Re: support workers - it's just letting you know what services are available to you. I think you would fall into the bracket where they would, for example, be keen to make sure you'd achieved your potential wrt education - to give you the best chance of providing for your family in the future.

There's also the old chestnut about young mums not breastfeeding - so there is extra support provided to try to 'normalise' it within this demographic (not least - since a first baby at 20 will often not be the last baby - so support with the first baby can also trickle through to better outcomes for subsequent babies).

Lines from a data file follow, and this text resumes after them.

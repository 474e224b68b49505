-- ===== src/LfQueue/Fifo/Calls.antt =====
-- Sequences of calls of the two sides of include/lf_queue.hpp, each call run without interruption, and
-- the bounded first-in first-out queue that they are to be.
use lowlatency_cpp.Base.{
  ℕ, ◌≡◌, ◌<◌, ◌^◌, refl, Bool, true, false, Option, none, some, List, [], ◌∷◌, ◌++◌, length, ◌==◌,
  if◌then◌else◌, inl, inr, Bool-cases, arith, Outcome, done, ◌>>=◌,
}
use lowlatency_cpp.LfQueue.{LfQueue, create}
use lowlatency_cpp.LfQueue.Fifo.{
  push, pop, Contains, push_full, pop_empty, push-Contains, pop-Contains, blank-Contains,
}

pub data Call {ℓ} (T : Type ℓ) : Type ℓ where
  to_push : T → Call T
  to_pop : Call T

-- What the side that calls learns: whether there was room, or the value if there was one.
pub data Reply {ℓ} (T : Type ℓ) : Type ℓ where
  pushed : Bool → Reply T
  popped : Option T → Reply T

module _ {ℓ} {T : Type ℓ} where
  abbrev after_push : LfQueue T → Option (LfQueue T) → Reply T × LfQueue T
  after_push q none = (pushed false, q)
  after_push q (some q') = (pushed true, q')

  abbrev call : LfQueue T → Call T → Outcome (Reply T × LfQueue T)
  call q (to_push x) = done (after_push q (push q x))
  call q to_pop = pop q >>= λ r. done (popped r.0, r.1)

  unfoldable pub run : LfQueue T → List (Call T) → Outcome (List (Reply T) × LfQueue T)
  run q [] = done ([], q)
  run q (c ∷ cs) = call q c >>= λ r. run r.1 cs >>= λ rest. done (r.0 ∷ rest.0, rest.1)

  -- The queue of at most `n` values as a list, oldest first.
  abbrev fifo_call : ℕ → List T → Call T → Reply T × List T
  fifo_call n xs (to_push x) =
      if length xs == n then (pushed false, xs) else (pushed true, xs ++ x ∷ [])
  fifo_call n [] to_pop = (popped none, [])
  fifo_call n (x ∷ xs) to_pop = (popped (some x), xs)

  unfoldable pub run_list : ℕ → List T → List (Call T) → List (Reply T) × List T
  run_list n xs [] = ([], xs)
  run_list n xs (c ∷ cs) =
      let r = fifo_call n xs c in let rest = run_list n r.1 cs in (r.0 ∷ rest.0, rest.1)

  abbrev Called : ℕ → LfQueue T → List T → Call T → Type ℓ
  Called n q xs c =
      (q' : LfQueue T) × (call q c ≡ done ((fifo_call n xs c).0, q'))
      × Contains n q' (fifo_call n xs c).1

  call-Called :
      (n : ℕ) (q : LfQueue T) (xs : List T) (c : Call T) → Contains n q xs → Called n q xs c
  call-Called n q xs (to_push x) holds = elim (Bool-cases (length xs == n)) [
    | inl full ↦ (q, rw (full, push_full n q xs x holds (ground (arith, full))) refl, rw full holds)
    | inr room ↦
        let (q', e, holds') = push-Contains n q xs x holds (ground (arith, room, holds.fits)) in
        (q', rw (room, e) refl, rw room holds')
  ]
  call-Called n q [] to_pop holds = (q, rw (pop_empty n q holds) refl, holds)
  call-Called n q (x ∷ xs) to_pop holds =
      let (q', e, holds') = pop-Contains n q xs x holds in (q', rw e refl, holds')

  -- From a queue that holds `xs` the calls reply as the list does, and the queue then holds what the
  -- list is.
  pub run_lem :
      (n : ℕ) (cs : List (Call T)) (q : LfQueue T) (xs : List T)
      → Contains n q xs
      → (q' : LfQueue T) × (run q cs ≡ done ((run_list n xs cs).0, q'))
        × Contains n q' (run_list n xs cs).1
  unfolding run run_list
  run_lem n [] q xs holds = (q, refl, holds)
  run_lem n (c ∷ cs) q xs holds =
      let (q', e, holds') = call-Called n q xs c holds in
      let (q'', e', holds'') = run_lem n cs q' (fifo_call n xs c).1 holds' in
      (q'', rw (e, e') refl, holds'')

  -- A new queue of n slots, with 0 < n < 2 ^ 64, takes any sequence of calls without a failed
  -- assertion, and replies as a first-in first-out queue of at most n values does: a value is
  -- refused only if n are there.
  pub calls_fifo :
      (n : ℕ) (blank : T) (cs : List (Call T))
      → 0 < n
      → n < 2 ^ 64
      → (q : LfQueue T) × ((create n blank >>= λ new. run new cs) ≡ done ((run_list n [] cs).0, q))
        × Contains n q (run_list n [] cs).1
  unfolding create
  calls_fifo n blank cs nonempty small =
      let not_empty : (n == 0) ≡ false = ground arith in
      rw not_empty (run_lem n cs _ [] (blank-Contains n blank nonempty small))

With respect - you clearly do feel a bit on the back foot with HCP - so maybe you would benefit from making contact with someone who can support you through the preganancy - and advocate for you, so that you don't end up feeling like you were steamrollered as a 'young mum'.

MozzchopsThirty · 26/05/2015 13:28

Ickle you're going to need a thicker skin.

As a HCP working with pg women and new mums I see all sorts, young mums (15/16), older mums (40+), mums with DA problems, mums with addiction problems.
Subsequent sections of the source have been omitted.